Figure 11 gives an intuitive normalized representation of the proportion the machining energy consumption and the idle energy consumption. According to Figure 11a,d,g, using low automation level machines can help improve the energy use rate because such machines are usually equipped with only basic components, e.g., coolant pumps and manual tool change devices, and hence consume less energy. For high-automation-level machines, however, they consume more energy even in non-cutting status because other components e.g., CNC systems, are not allowed to be turned off. The influence of machine workload on the energy consumption is also demonstrable; a large $\beta$ value means more energy will be consumed in processing the operation. With more operations and heavy workloads, e.g., cases c, f, and i, the energy use rate of the whole production will be improved. Also, it can be seen from Figure 11c,g that in the best case, about 80% of the total energy will be used in cutting processes; however, this value drops to about 55% in the worst case. In other words, about half of the total energy will be used in non-cutting processes in the worst case.

7. Conclusions

This research performs a study on the energy-efficient IPPS problem that has seldom been considered before. Due to the limitations in previous research where frequent machine turning “ons” and “offs” will cause damage to machine tools and also deteriorate the thermal balance of machine tools, in this research the machines in a job shop are not allowed to be shut down even in the idle time interval unless all the operations of that machine have been processed. A novel MILP model is established; due to the complexity in solving the MILP model, we then developed a multi-objective memetic algorithm to address this problem; in the proposed algorithm, the VNS method is applied to enhance the local search ability. Different scenarios about machine automation levels and workloads have been generated to study the characteristics of energy consumptions. Typical instances (Kim’s benchmark) are adopted in the experiments.
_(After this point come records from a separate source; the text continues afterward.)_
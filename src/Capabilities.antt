-- ===== src/Capabilities.antt =====
-- src/capabilities.rs: the capabilities that a container keeps.
pub mod Sets
mod Tests
mod Unit
use boxed.Prelude.{
  ℕ, ◌+◌, ◌≡◌, refl, Bool, true, false, not, ◌&&◌, ◌||◌, List, [], ◌∷◌, ◌++◌, ◌==◌, if◌then◌else◌,
  arith, Bool-cases, inl, inr,
}
use boxed.Types.{
  Capability, cap_chown, cap_dac_override, cap_fsetid, cap_fowner, cap_mknod, cap_net_raw,
  cap_setgid, cap_setuid, cap_setfcap, cap_net_bind_service, cap_sys_chroot, cap_setpcap,
  cap_audit_write, CapSet, bounding, effective, permitted, inheritable,
}
use boxed.Error.{ok, failed_to_drop}
use boxed.Kernel.{Call, Machine, World, Io, call, pure, within, ◌>>=◌, ◌>>◌, drop_cap}
use boxed.Kernel.Script.{Step, Runs, Runs-nil, Runs-append, Runs-within-call}

-- `==` on capabilities.
unfoldable pub cap_code : Capability → ℕ
cap_code cap_chown = 0
cap_code cap_dac_override = 1
cap_code cap_fsetid = 2
cap_code cap_fowner = 3
cap_code cap_mknod = 4
cap_code cap_net_raw = 5
cap_code cap_setgid = 6
cap_code cap_setuid = 7
cap_code cap_setfcap = 8
cap_code cap_net_bind_service = 9
cap_code cap_sys_chroot = 10
cap_code cap_setpcap = 11
cap_code cap_audit_write = 12
cap_code (Capability.other n) = 13 + n

unfoldable pub cap_eq : Capability → Capability → Bool
unfolding cap_code
cap_eq a b = cap_code a == cap_code b

abbrev pub retained_caps : List Capability
retained_caps =
    cap_chown ∷ cap_dac_override ∷ cap_fsetid ∷ cap_fowner ∷ cap_mknod ∷ cap_net_raw ∷ cap_setgid
    ∷ cap_setuid ∷ cap_setfcap ∷ cap_net_bind_service ∷ cap_sys_chroot ∷ cap_setpcap
    ∷ cap_audit_write ∷ []

unfoldable pub contains_cap : List Capability → Capability → Bool
unfolding cap_eq
contains_cap [] cap = false
contains_cap (c ∷ caps) cap = cap_eq c cap || contains_cap caps cap

-- `caps::drop(None, set, cap)` with its context.
abbrev drop_from : CapSet → Capability → Io (Unit {0})
drop_from set cap = within (failed_to_drop cap set) (call (drop_cap set cap))

-- The loop over the capabilities of `caps::all()`, in whatever order they come.
unfoldable pub drop_each : List Capability → Io (Unit {0})
drop_each [] = pure tt
drop_each (c ∷ caps) =
    let rest = drop_each caps in
    if not (contains_cap retained_caps c)
    then (do
      drop_from bounding c
      drop_from effective c
      drop_from permitted c
      drop_from inheritable c
      rest)
    else rest

unfoldable pub drop_capabilities : List Capability → Io (Unit {0})
unfolding drop_each
drop_capabilities all = drop_each all

abbrev drop_step : Capability → CapSet → Step
drop_step c set = record { action = drop_cap set c; contexts = failed_to_drop c set ∷ [] }

unfoldable pub drop_steps : List Capability → List Step
drop_steps [] = []
drop_steps (c ∷ caps) =
    if contains_cap retained_caps c
    then drop_steps caps
    else drop_step c bounding
      ∷ drop_step c effective
      ∷ drop_step c permitted
      ∷ drop_step c inheritable
      ∷ drop_steps caps

module _ (m : Machine) (c : Capability) (rest : Io (Unit {0})) (ss : List Step)
    (h : Runs m rest ss) where
  drop_from-Runs :
      Runs m
        (drop_from bounding c
          >> (drop_from effective c
              >> (drop_from permitted c >> (drop_from inheritable c >> rest))))
        (drop_step c bounding
          ∷ drop_step c effective
          ∷ drop_step c permitted
          ∷ drop_step c inheritable
          ∷ ss)
  drop_from-Runs =
      Runs-within-call _ _ _
        (λ _.
          Runs-within-call _ _ _
            (λ _. Runs-within-call _ _ _ (λ _. Runs-within-call _ _ _ (λ _. h) _) _) _)
        _

drop_each-Runs : (m : Machine) (caps : List Capability) → Runs m (drop_each caps) (drop_steps caps)
unfolding drop_each drop_steps
drop_each-Runs m [] = Runs-nil
drop_each-Runs m (c ∷ caps) = elim (Bool-cases (contains_cap retained_caps c)) [
  | inl kept ↦ rw kept (drop_each-Runs m caps)
  | inr lost ↦ rw lost (drop_from-Runs m c _ _ (drop_each-Runs m caps))
]

pub drop_capabilities-Runs :
    (m : Machine) (all : List Capability) → Runs m (drop_capabilities all) (drop_steps all)
unfolding drop_capabilities
drop_capabilities-Runs m all = drop_each-Runs m all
Computational results show that the proposed multi-objective memetic algorithm can obtain more promising non-dominated solutions than the traditional NSGA-II algorithm. Compared with single-objective optimization method, multi-objective optimization results reveal the necessity to consider both energy efficiency and the makespan criterion in the IPPS problem.

According to the results under different scenarios, some managerial insights for energy consumption reduction (also carbon emission reduction) can be concluded as follows.

• Due to low constant energy use of machines with low automation levels, operations are suggested to be processed by machines with low automation levels. In such a case, the idle energy consumption can be reduced. This strategy can be applied to the cases where only few operations to be processed because there will be many idle time intervals.
• Increasing the number of operations or jobs is another way to improve energy use rate; there will be no idle time intervals between two operations on a machine and therefore, the idle energy consumption can be reduced.

However, in real-life production situations, the processing time of an operation is usually uncertain; therefore, the IPPS problem with deterministic processing times does not match the actual situation on the shop floor. The makespan as well as the energy consumption reduction for the IPPS problem with uncertain processing times will be considered as a further research direction and the fuzzy sets [59] can be used to describe the uncertain processing times. To reduce the coal-fired electricity consumption, the optimal scheduling method for the IPPS problem with time-sharing prices can also be considered.